Instructions for the task
Of all the lines below, return only those starting with the line holding "(k w q r a : ℕ)" and going on through the line holding "below 2 ^ k.", exactly as written.

Records for this task
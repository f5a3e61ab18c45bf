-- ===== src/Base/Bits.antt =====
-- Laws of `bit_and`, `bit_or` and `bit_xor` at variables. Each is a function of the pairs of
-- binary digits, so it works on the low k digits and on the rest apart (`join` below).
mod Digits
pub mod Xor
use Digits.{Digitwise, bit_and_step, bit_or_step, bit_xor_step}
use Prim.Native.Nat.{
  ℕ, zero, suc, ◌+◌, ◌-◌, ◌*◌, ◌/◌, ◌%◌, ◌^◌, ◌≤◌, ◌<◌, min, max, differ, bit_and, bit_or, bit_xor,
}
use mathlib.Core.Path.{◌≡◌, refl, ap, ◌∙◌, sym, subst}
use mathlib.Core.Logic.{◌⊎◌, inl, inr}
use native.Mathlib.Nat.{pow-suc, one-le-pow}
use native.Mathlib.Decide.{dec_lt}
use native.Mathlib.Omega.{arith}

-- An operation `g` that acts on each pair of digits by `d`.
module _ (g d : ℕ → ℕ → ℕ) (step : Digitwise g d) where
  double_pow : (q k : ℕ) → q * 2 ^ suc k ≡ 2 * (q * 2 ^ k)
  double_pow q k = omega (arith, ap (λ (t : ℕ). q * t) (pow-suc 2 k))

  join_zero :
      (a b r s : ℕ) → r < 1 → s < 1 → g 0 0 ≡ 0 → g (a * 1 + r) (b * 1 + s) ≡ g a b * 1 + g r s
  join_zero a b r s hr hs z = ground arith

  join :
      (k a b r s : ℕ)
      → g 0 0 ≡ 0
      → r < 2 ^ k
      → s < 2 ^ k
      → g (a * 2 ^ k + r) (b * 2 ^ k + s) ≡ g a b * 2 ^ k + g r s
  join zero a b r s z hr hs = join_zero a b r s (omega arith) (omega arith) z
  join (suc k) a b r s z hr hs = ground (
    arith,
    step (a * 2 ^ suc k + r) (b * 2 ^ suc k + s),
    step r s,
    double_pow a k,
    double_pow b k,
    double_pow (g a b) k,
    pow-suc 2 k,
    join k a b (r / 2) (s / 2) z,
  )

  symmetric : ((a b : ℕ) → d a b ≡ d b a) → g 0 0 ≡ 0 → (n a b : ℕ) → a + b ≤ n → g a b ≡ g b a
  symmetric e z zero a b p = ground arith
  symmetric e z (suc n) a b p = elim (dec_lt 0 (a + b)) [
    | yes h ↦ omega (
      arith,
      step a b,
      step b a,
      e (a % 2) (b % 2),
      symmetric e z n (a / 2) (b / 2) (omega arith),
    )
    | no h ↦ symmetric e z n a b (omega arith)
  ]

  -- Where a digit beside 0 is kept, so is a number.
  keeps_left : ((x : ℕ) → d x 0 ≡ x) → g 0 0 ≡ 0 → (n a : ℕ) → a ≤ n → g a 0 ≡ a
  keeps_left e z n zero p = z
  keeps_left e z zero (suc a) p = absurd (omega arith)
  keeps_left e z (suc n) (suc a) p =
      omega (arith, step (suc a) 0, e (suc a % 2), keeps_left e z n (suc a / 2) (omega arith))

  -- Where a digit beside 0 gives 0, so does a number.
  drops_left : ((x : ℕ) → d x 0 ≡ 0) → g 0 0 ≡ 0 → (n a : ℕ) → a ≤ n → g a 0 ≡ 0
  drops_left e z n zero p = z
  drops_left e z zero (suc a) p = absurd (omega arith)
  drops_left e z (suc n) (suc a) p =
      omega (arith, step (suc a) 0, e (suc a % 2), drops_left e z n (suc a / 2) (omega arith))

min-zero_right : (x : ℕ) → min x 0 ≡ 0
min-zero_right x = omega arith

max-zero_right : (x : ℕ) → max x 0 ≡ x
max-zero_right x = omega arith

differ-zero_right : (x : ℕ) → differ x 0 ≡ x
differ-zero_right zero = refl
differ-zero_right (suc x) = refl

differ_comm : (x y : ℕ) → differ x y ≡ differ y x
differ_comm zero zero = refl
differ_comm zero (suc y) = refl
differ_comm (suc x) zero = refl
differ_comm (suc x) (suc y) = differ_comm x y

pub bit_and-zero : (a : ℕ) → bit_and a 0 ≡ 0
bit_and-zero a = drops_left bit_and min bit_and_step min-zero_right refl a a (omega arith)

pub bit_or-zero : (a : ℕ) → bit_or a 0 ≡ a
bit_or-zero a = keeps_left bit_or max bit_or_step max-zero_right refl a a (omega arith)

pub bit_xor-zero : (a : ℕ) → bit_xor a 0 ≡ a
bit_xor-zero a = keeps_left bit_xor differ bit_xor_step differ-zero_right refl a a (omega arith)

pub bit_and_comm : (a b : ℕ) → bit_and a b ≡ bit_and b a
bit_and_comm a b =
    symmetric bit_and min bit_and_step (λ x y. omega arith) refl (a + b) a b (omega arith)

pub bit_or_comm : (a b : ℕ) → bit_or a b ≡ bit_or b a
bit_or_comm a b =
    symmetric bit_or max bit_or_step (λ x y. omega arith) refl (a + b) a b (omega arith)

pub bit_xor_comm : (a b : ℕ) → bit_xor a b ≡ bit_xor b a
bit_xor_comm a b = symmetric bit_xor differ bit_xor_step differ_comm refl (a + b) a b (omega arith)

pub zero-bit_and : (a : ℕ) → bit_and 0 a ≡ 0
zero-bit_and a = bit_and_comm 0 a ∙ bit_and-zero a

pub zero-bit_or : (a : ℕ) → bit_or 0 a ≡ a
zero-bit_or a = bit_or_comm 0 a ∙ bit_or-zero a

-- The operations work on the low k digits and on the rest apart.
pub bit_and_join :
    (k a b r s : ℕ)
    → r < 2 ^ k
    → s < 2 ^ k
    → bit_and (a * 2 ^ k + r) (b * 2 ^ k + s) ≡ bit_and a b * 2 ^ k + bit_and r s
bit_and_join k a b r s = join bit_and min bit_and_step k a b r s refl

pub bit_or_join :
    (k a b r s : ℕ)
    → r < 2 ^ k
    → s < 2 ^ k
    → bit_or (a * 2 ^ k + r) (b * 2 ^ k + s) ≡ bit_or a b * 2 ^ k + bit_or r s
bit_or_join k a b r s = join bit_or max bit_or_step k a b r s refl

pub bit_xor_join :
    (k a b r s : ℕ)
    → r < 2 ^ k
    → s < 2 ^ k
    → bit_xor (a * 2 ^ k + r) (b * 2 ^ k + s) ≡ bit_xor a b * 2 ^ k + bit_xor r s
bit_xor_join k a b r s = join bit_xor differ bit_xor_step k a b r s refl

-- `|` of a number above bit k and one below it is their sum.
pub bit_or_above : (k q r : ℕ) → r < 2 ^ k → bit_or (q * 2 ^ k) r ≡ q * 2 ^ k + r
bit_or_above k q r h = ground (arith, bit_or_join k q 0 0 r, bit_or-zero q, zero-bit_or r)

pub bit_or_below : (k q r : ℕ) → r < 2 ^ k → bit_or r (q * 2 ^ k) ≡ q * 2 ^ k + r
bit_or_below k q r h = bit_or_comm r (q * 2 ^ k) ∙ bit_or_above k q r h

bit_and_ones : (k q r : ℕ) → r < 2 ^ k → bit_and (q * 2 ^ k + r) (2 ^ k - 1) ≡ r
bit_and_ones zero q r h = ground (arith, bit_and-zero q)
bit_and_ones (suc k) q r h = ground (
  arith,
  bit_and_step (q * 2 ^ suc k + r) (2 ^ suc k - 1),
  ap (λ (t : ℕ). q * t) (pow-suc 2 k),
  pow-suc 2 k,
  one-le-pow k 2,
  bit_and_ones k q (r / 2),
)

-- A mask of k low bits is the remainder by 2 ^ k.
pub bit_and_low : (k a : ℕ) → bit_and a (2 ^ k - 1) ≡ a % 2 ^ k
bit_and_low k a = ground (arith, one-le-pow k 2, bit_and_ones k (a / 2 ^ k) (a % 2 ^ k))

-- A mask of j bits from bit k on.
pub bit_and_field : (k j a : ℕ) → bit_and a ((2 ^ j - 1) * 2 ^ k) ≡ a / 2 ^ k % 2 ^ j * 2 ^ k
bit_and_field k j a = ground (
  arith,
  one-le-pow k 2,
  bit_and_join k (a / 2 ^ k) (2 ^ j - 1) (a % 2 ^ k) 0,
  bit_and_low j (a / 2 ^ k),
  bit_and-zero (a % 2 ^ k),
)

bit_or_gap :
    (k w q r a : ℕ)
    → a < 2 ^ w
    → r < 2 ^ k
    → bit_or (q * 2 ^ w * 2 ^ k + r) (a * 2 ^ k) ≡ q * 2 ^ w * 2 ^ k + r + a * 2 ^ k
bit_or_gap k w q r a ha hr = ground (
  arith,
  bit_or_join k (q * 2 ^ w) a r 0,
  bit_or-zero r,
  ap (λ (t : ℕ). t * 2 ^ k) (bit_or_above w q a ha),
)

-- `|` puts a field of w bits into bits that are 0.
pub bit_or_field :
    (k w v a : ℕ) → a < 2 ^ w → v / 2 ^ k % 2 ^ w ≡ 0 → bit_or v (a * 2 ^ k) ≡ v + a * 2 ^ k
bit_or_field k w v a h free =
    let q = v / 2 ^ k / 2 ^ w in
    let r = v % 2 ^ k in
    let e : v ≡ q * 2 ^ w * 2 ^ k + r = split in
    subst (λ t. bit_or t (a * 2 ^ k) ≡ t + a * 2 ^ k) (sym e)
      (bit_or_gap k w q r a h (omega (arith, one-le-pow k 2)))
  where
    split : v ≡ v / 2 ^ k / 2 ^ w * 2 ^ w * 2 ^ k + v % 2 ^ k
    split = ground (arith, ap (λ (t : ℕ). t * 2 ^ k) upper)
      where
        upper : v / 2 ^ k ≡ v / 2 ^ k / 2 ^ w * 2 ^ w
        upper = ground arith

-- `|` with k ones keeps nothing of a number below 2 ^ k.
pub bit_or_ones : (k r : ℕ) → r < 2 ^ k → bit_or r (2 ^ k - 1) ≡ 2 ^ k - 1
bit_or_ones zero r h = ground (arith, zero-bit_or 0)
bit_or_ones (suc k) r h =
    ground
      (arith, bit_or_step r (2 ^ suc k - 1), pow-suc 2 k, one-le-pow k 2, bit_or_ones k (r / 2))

Reply to the exercise
    (k w q r a : ℕ)
    → a < 2 ^ w
    → r < 2 ^ k
    → bit_or (q * 2 ^ w * 2 ^ k + r) (a * 2 ^ k) ≡ q * 2 ^ w * 2 ^ k + r + a * 2 ^ k
bit_or_gap k w q r a ha hr = ground (
  arith,
  bit_or_join k (q * 2 ^ w) a r 0,
  bit_or-zero r,
  ap (λ (t : ℕ). t * 2 ^ k) (bit_or_above w q a ha),
)

-- `|` puts a field of w bits into bits that are 0.
pub bit_or_field :
    (k w v a : ℕ) → a < 2 ^ w → v / 2 ^ k % 2 ^ w ≡ 0 → bit_or v (a * 2 ^ k) ≡ v + a * 2 ^ k
bit_or_field k w v a h free =
    let q = v / 2 ^ k / 2 ^ w in
    let r = v % 2 ^ k in
    let e : v ≡ q * 2 ^ w * 2 ^ k + r = split in
    subst (λ t. bit_or t (a * 2 ^ k) ≡ t + a * 2 ^ k) (sym e)
      (bit_or_gap k w q r a h (omega (arith, one-le-pow k 2)))
  where
    split : v ≡ v / 2 ^ k / 2 ^ w * 2 ^ w * 2 ^ k + v % 2 ^ k
    split = ground (arith, ap (λ (t : ℕ). t * 2 ^ k) upper)
      where
        upper : v / 2 ^ k ≡ v / 2 ^ k / 2 ^ w * 2 ^ w
        upper = ground arith

-- `|` with k ones keeps nothing of a number below 2 ^ k.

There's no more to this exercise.